I've heard Radvanovsky live at the San Francisco Opera in *Il Trovatore* and *Norma*. She was better in *Il Trovatore*, well nigh perfect in fact, in voice, deportment and musicianship. Her duets with Hvorotovsky were the highlights of the evening, but her singing of _d'amor sull'alli rosee_ was fantastic and brought down the house; the voice luscious, ductile, spun out in beautiful tone, with feeling. That is also one of Gencer's best roles and the competition would be rough. I like Radvanovsky's voice better in these _spinto _ roles, it has more heft and freedom and an easy top for its size. Where Gencer scores is that she has more _italianità_ and more feeling for the language and _slancio_.

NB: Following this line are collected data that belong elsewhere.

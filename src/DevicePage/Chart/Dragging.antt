-- ===== src/DevicePage/Chart/Dragging.antt =====
-- What dragging over a chart does to its zoom.
use telemetryhub.Common.{◌≤◌, ◌<◌, String, Option, none, some, ◌≡◌, arith, string_eq, refl}
use telemetryhub.Common.Int.{ℤ, ◌≤ℤ◌}
use telemetryhub.DevicePage.Chart.{
  Zoom, ChartState, handle_mouse_down, handle_mouse_move, handle_mouse_up, distance, min_ℤ, max_ℤ,
}

handle_mouse_up_far :
    (to_iso : ℤ → String) (time_at : ℤ → ℤ) (s : ChartState) (x y : ℤ)
    → 10 ≤ distance y x
    → handle_mouse_up to_iso (some time_at) (handle_mouse_move y (handle_mouse_down x s)) ≡ record {
      zoom_range =
          some (record { from = to_iso (time_at (min_ℤ x y)); to = to_iso (time_at (max_ℤ x y)) });
      drag_state = none;
    }
unfolding handle_mouse_up handle_mouse_down handle_mouse_move
handle_mouse_up_far to_iso time_at s x y far = ground arith

-- A shorter drag leaves the zoom as it was.
pub drag_too_short :
    (to_iso : ℤ → String) (scale : Option (ℤ → ℤ)) (s : ChartState) (x y : ℤ)
    → distance y x < 10
    → handle_mouse_up to_iso scale (handle_mouse_move y (handle_mouse_down x s))
      ≡ record s { drag_state = none }
unfolding handle_mouse_up handle_mouse_down handle_mouse_move
drag_too_short to_iso scale s x y near = ground arith

-- What the date functions and the chart's scale are relied on for: a date that is written is read
-- back, and a pixel to the right is not an earlier time.
module _ (to_iso : ℤ → String) (time_of : String → Option ℤ) (time_at : ℤ → ℤ)
    (reads_back : (t : ℤ) → time_of (to_iso t) ≡ some t)
    (monotone : (x y : ℤ) → x ≤ℤ y → time_at x ≤ℤ time_at y) where
  -- If dates are read back as written and a pixel to the right is not an earlier time, a drag
  -- from one pixel to another that is at least ten away, to the left or to the right, zooms to a
  -- range that begins no later than it ends, at the times of the two pixels.
  pub drag_zooms :
      (s : ChartState) (x y : ℤ)
      → 10 ≤ distance y x
      → let r =
          handle_mouse_up to_iso (some time_at) (handle_mouse_move y (handle_mouse_down x s)) in
        (z : Zoom) × (a : ℤ) × (b : ℤ) × (r ≡ record { zoom_range = some z; drag_state = none })
        × (time_of z.from ≡ some a)
        × (time_of z.to ≡ some b)
        × (a ≤ℤ b)
        × (a ≡ time_at (min_ℤ x y))
        × (b ≡ time_at (max_ℤ x y))
  unfolding handle_mouse_down handle_mouse_move
  drag_zooms s x y far =
      let a = time_at (min_ℤ x y) in
      let b = time_at (max_ℤ x y) in
      (
        record { from = to_iso a; to = to_iso b },
        a,
        b,
        handle_mouse_up_far to_iso time_at s x y far,
        reads_back a,
        reads_back b,
        monotone (min_ℤ x y) (max_ℤ x y) (ground arith),
        refl,
        refl,
      )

That said, they both fudge coloratura and trills, though Gencer does better - listen to both in _Coppia Iniqua_ from *Anna Bolena*, admittedly a harsh test!


----------



## MAS (Apr 15, 2015)

The Conte said:


> There were other sopranos on the Italian scene at around about the same time, but the only one who really does something for me is Carla Gavazzi, who I would rank above Gencer, but below Tucci. That said, I like both Gencer and Tucci in Trovatore and that is high praise as it's an opera I find difficult to listen to without Callas or Price in.
> 
> N.


Perhaps this is a stupid question, but have you listened to Clara Petrella? She was counted as one of the best in the 1940s and 50s. 
She was my first *Butterfly* and a beautiful voice and, like most Italians, sings off the words. I haven't really explored her career on records (the *Butterfly* was probably a Cetra production).

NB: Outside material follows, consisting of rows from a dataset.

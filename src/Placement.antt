-- ===== src/Placement.antt =====
-- The node constraints of a pod: `NodeRequirement`, `NodeSelectorTerm` and `NodePlacement` of
-- app/k8s_client.py, and the integers that Gt and Lt compare.
use Prim.Native.Char.{code}
use mathlib.Core.Option
use gpu_reservation_controll.Base.{
  ℕ, String, Option, none, some, Bool, true, false, ◌==◌, ◌&&◌, not, List, [], ◌∷◌, Dict, get,
  get_or, contains, keep, any, all, if◌then◌else◌, ℤ, pos, sub_ℕ, ltb_ℤ, is_none, leb, ◌+◌, ◌*◌,
  ◌-◌, string_eq, nat_eq, option_eq,
}

pub record NodeRequirement : Type 0 where
  pub key : String
  pub operator : String
  pub values : List String

pub record NodeSelectorTerm : Type 0 where
  pub match_expressions : List NodeRequirement
  pub match_fields : List NodeRequirement

pub record NodePlacement : Type 0 where
  pub node_selector : List (String × String)
  pub affinity_terms : Option (List NodeSelectorTerm)

abbrev is_empty {ℓ} : {A : Type ℓ} → List A → Bool
is_empty [] = true
is_empty (x ∷ xs) = false

-- `value is not None and value in values`.
abbrev value_in : Option String → List String → Bool
value_in none vs = false
value_in (some v) vs = contains v vs

-- The code points of a text.
abbrev codes : String → List ℕ
codes String.[] = []
codes (String.◌∷◌ c s) = code c ∷ codes s

-- `[0-9]+` and its value, with what was read before it.
abbrev digits : ℕ → List ℕ → Option ℕ
digits n [] = some n
digits n (c ∷ cs) =
    let rest = digits (n * 10 + (c - b'0')) cs in if leb b'0' c && leb c b'9' then rest else none

abbrev some_digits : List ℕ → Option ℕ
some_digits [] = none
some_digits (c ∷ cs) = digits 0 (c ∷ cs)

abbrev signed : List ℕ → Option ℤ
signed [] = none
signed (c ∷ cs) =
    if c == b'-'
    then Option.map (λ n. sub_ℕ 0 n) (some_digits cs)
    else (if c == b'+'
        then Option.map pos (some_digits cs)
        else Option.map pos (some_digits (c ∷ cs)))

-- `_GO_INT_RE.fullmatch` and `int`: the integer that a text writes.
unfoldable pub go_int : String → Option ℤ
go_int s = signed (codes s)

abbrev compare_values : Bool → Option ℤ → Option ℤ → Bool
compare_values gt none bound = false
compare_values gt (some a) none = false
compare_values gt (some a) (some b) = if gt then ltb_ℤ b a else ltb_ℤ a b

-- Gt and Lt want the label and one bound, both of them integers.
abbrev compares : Bool → Option String → List String → Bool
compares gt none vs = false
compares gt (some v) [] = false
compares gt (some v) (b ∷ []) = compare_values gt (go_int v) (go_int b)
compares gt (some v) (b ∷ c ∷ vs) = false

unfoldable pub requirement_matches : NodeRequirement → Option String → Bool
requirement_matches q value =
    if q.operator == "In"
    then value_in value q.values
    else (if q.operator == "NotIn"
        then not (value_in value q.values)
        else (if q.operator == "Exists"
            then not (is_none value)
            else (if q.operator == "DoesNotExist"
                then is_none value
                else compares (q.operator == "Gt") value q.values)))

-- An empty term matches no node.
unfoldable pub term_matches : NodeSelectorTerm → String → Dict String String → Bool
term_matches t node_name labels =
    if is_empty t.match_expressions && is_empty t.match_fields
    then false
    else all (λ q. requirement_matches q (get q.key labels)) t.match_expressions
      && all (λ q. requirement_matches q (some node_name)) t.match_fields

unfoldable pub placement_matches : NodePlacement → String → Dict String String → Bool
placement_matches p node_name labels =
    if any (λ kv. not (get kv.0 labels == some kv.1)) p.node_selector
    then false
    else elim p.affinity_terms [
      | none ↦ true
      | some ts ↦ any (λ t. term_matches t node_name labels) ts
    ]

unfoldable pub matching_nodes :
    NodePlacement → List String → Dict String (Dict String String) → List String
matching_nodes p node_names labels_by_node =
    keep (λ n. placement_matches p n (get_or n labels_by_node [])) node_names
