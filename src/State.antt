-- ===== src/State.antt =====
-- app/controller.py: the records that the controller keeps (`QueueEntry`, `OnDemandCandidate`,
-- `PendingStatus`, `GpuPod`, `PodRuntimeView`) and `ControllerState`, with the fields that the
-- modelled operations read or write. Sets are lists of their members.
use gpu_reservation_controll.Base.{
  Eq, Eq_of, Discrete_of, nat_eq, string_eq, ℕ, String, Option, none, Bool, List, [], Dict,
}
use gpu_reservation_controll.Schemas.{ReservationResponse}
use gpu_reservation_controll.Placement.{NodePlacement}

pub record QueueEntry : Type 0 where
  pub pod_uid : String
  pub pod_name : String
  pub pod_namespace : String
  pub gpu_class_label : String
  pub gpu_requested : ℕ
  pub reservation : ReservationResponse
  pub next_attempt_at : ℕ
  pub group_label : Option String
  pub ondemand_ineligibility : List String

pub record OnDemandCandidate : Type 0 where
  pub pod_uid : String
  pub pod_name : String
  pub pod_namespace : String
  pub gpu_class_label : String
  pub gpu_requested : ℕ
  pub min_runtime_seconds : ℕ
  pub pod_created_at : ℕ
  pub next_attempt_at : ℕ
  pub group_label : Option String
  pub usage_group : Option String
  pub usage_group_source : Option String
  pub awaiting_schedule_signal : Bool
  pub held_by_overcommit : Bool
  pub held_by_node_fit : Bool
  pub placement : Option NodePlacement
  pub awaiting_capacity : Bool
  pub best_effort : Bool
  pub lease_error_count : ℕ

pub record PendingStatus : Type 0 where
  pub key : String × String
  pub at : ℕ

pub record GpuPod : Type 0 where
  pub namespace : String
  pub name : String
  pub gpu_class : String
  pub gpu_count : ℕ
  pub node_name : Option String
  pub placement : Option NodePlacement
  pub reservation_id : Option ℕ

pub record PodRuntimeView : Type 0 where
  pub uid : String
  pub namespace : String
  pub name : String
  pub gpu_class : String
  pub gpu_count : ℕ
  pub reservation_id : Option ℕ
  pub node_resident : Bool
  pub terminating : Bool
  pub group_label : Option String
  pub node_name : Option String
  pub termination_warning_at : Option ℕ
  pub node_excluded : Bool

pub record ControllerState : Type 0 where
  pub reservations : List ReservationResponse
  pub gpu_class_labels : Dict ℕ String
  pub required_group_label : Option String
  pub task_queue : Dict String QueueEntry
  pub ondemand_candidates : Dict String OnDemandCandidate
  pub pending_status : Dict String (Dict String PendingStatus)
  pub occupancy : Dict ℕ (Dict String ℕ)
  pub holder_names : Dict String (String × String)
  pub noshow_deadlines : Dict ℕ ℕ
  pub noshow_reservation_ids : List ℕ
  pub pending_noshow_cancels : List ℕ
  pub claimed_reservation_ids : List ℕ
  pub preemption_fired : Dict ℕ (List String)
  pub overcommitted_gpu_classes : List String
  pub physical_gpu_capacity : Dict String ℕ

-- `ControllerState()`.
abbrev pub initial : ControllerState
initial = record {
  reservations = [];
  gpu_class_labels = [];
  required_group_label = none;
  task_queue = [];
  ondemand_candidates = [];
  pending_status = [];
  occupancy = [];
  holder_names = [];
  noshow_deadlines = [];
  noshow_reservation_ids = [];
  pending_noshow_cancels = [];
  claimed_reservation_ids = [];
  preemption_fired = [];
  overcommitted_gpu_classes = [];
  physical_gpu_capacity = [];
}

-- Python compares two records field by field.
pub GpuPod-discrete : Discrete GpuPod
GpuPod-discrete = hlevel (number_discrete, text_discrete)
  where
    number_discrete : Discrete ℕ
    number_discrete = Discrete_of

    text_discrete : Discrete String
    text_discrete = Discrete_of

instance abbrev pub pod_eq : Eq GpuPod
pod_eq = Eq_of GpuPod-discrete
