-- ===== src/Matching.antt =====
-- app/controller.py: which reservation a pod is matched to. `find_best_reservation` reads the
-- clock itself; the instant is the argument `now` here.
pub mod NearMiss
pub mod Selection
use gpu_reservation_controll.Base.{
  ℕ, String, Option, none, some, Bool, true, false, ◌==◌, string_eq, nat_eq, option_eq, ◌&&◌, not,
  List, [], ◌∷◌, Dict, get, get_or, keep, contains, sum_by, min_by, best_of, ltb, leb, is_none,
  if◌then◌else◌, ◌+◌, ◌-◌,
}
use gpu_reservation_controll.Schemas.{
  ReservationResponse, GroupBrief, slot_start, slot_end, owned_by, is_booking,
}
use gpu_reservation_controll.State.{ControllerState}

-- `sum(g for uid, g in occupants.items() if uid != exclude_uid)`.
unfoldable pub gpus_of : Option String → Dict String ℕ → ℕ
gpus_of exclude occupants = sum_by (λ kv. kv.1) (keep (λ kv. not (some kv.0 == exclude)) occupants)

module _ (s : ControllerState) where
  unfoldable pub available : ReservationResponse → Option String → ℕ
  unfolding gpus_of
  available r exclude = r.gpu_count - gpus_of exclude (get_or r.id s.occupancy [])

  -- The cached label, or else the one in the reservation itself.
  unfoldable pub effective_label : ReservationResponse → Option String
  effective_label r = elim (get r.gpu_class_id s.gpu_class_labels) [
    | none ↦ r.gpu_class.label_value
    | some label ↦ some label
  ]

  unfoldable pub group_ok : ReservationResponse → Option String → Bool
  group_ok r group_label = elim s.required_group_label [
    | none ↦ true
    | some _ ↦ elim r.group [ none ↦ false | some g ↦ some g.name == group_label ]
  ]

  -- The conditions that `find_best_reservation` and `find_admittable_reservation` share.
  unfoldable pub matches : String → String → Option String → ℕ → ReservationResponse → Bool
  unfolding group_ok
  matches namespace label group_label now r =
      is_booking r
      && (owned_by namespace r
          && ((get r.gpu_class_id s.gpu_class_labels == some label)
              && (group_ok r group_label
                  && (ltb now (slot_end r) && not (contains r.id s.noshow_reservation_ids)))))

  abbrev is_empty : List ReservationResponse → Bool
  is_empty [] = true
  is_empty (r ∷ rs) = false

  -- Those big enough for the pod, unless there are none.
  unfoldable pub preferring_big_enough :
      Option ℕ → List ReservationResponse → List ReservationResponse
  preferring_big_enough none rs = rs
  preferring_big_enough (some gpus) rs =
      let big_enough = keep (λ r. leb gpus r.gpu_count) rs in
      if is_empty big_enough then rs else big_enough

  unfoldable pub find_best_reservation :
      String → String → Option String → Option ℕ → ℕ → Option ReservationResponse
  unfolding matches preferring_big_enough
  find_best_reservation namespace label group_label gpu_requested now = min_by slot_start (
      preferring_big_enough gpu_requested
        (keep (matches namespace label group_label now) s.reservations))

  unfoldable pub admittable :
      String → String → ℕ → ℕ → ℕ → Option String → ReservationResponse → Bool
  unfolding matches available
  admittable namespace label gpus now horizon group_label r =
      matches namespace label group_label now r
      && (leb (slot_start r) (now + horizon) && leb gpus (available r none))

  unfoldable pub find_admittable_reservation :
      String → String → ℕ → ℕ → ℕ → Option String → Option ReservationResponse
  unfolding admittable
  find_admittable_reservation namespace label gpus now horizon group_label =
      min_by slot_start
        (keep (admittable namespace label gpus now horizon group_label) s.reservations)

  -- `_spare(r) >= gpus`, with the running tally on the other side of the order.
  unfoldable pub open_for :
      String → String → ℕ → ℕ → Dict ℕ ℕ → Option String → ReservationResponse → Bool
  unfolding available effective_label group_ok
  open_for namespace label now gpus extra_used group_label r =
      is_booking r
      && (owned_by namespace r
          && ((effective_label r == some label)
              && (group_ok r group_label
                  && (leb (slot_start r) now
                      && (ltb now (slot_end r)
                          && (not (contains r.id s.noshow_reservation_ids)
                              && leb (gpus + get_or r.id extra_used 0) (available r none)))))))

  -- `_spare(r)`, which is not negative where `open_for` holds.
  unfoldable pub spare : Dict ℕ ℕ → ReservationResponse → ℕ
  unfolding available
  spare extra_used r = available r none - get_or r.id extra_used 0

  -- The order of the keys `(slot_end(r), _spare(r), r.id)`.
  unfoldable pub outlasts : Dict ℕ ℕ → ReservationResponse → ReservationResponse → Bool
  unfolding spare
  outlasts extra_used b a =
      if ltb (slot_end a) (slot_end b)
      then true
      else (if ltb (slot_end b) (slot_end a)
          then false
          else (if ltb (spare extra_used a) (spare extra_used b)
              then true
              else (if ltb (spare extra_used b) (spare extra_used a)
                  then false
                  else ltb a.id b.id)))

  unfoldable pub find_open_booking_for :
      String → String → ℕ → ℕ → Dict ℕ ℕ → Option String → Option ReservationResponse
  unfolding open_for outlasts
  find_open_booking_for namespace label now gpus extra_used group_label =
      best_of (outlasts extra_used)
        (keep (open_for namespace label now gpus extra_used group_label) s.reservations)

As to a Stella, I think she had the best voice, but was not a good technician- no trill, sketchy coloratura, unpropulsive singing. Kind of like a Maserati with a Fiat engine?


----------



## DarkAngel (Aug 11, 2010)

MAS said:


> I've heard Radvanovsky live at the San Francisco Opera in *Il Trovatore* and *Norma*. She was better in *Il Trovatore*, well nigh perfect in fact, in voice, deportment and musicianship. Her duets with Hvorotovsky were the highlights of the evening, but her singing of _d'amor sull'alli rosee_ was fantastic and brought down the house; the voice luscious, ductile, spun out in beautiful tone, with feeling. That is also one of Gencer's best roles and the competition would be rough. I like Radvanovsky's voice better in these _spinto _ roles, it has more heft and freedom and an easy top for its size. Where Gencer scores is that she has more _italianità_ and more feeling for the language and _slancio_.
> 
> That said, they both fudge coloratura and trills, though Gencer does better - listen to both in _Coppia Iniqua_ from *Anna Bolena*, admittedly a harsh test!


I am more impressed with Gencer than most of you it seems, unfortunately no record contract so we have only live recordings to go by, still today she has the best Tudor Queens triliogy (much better than Sills)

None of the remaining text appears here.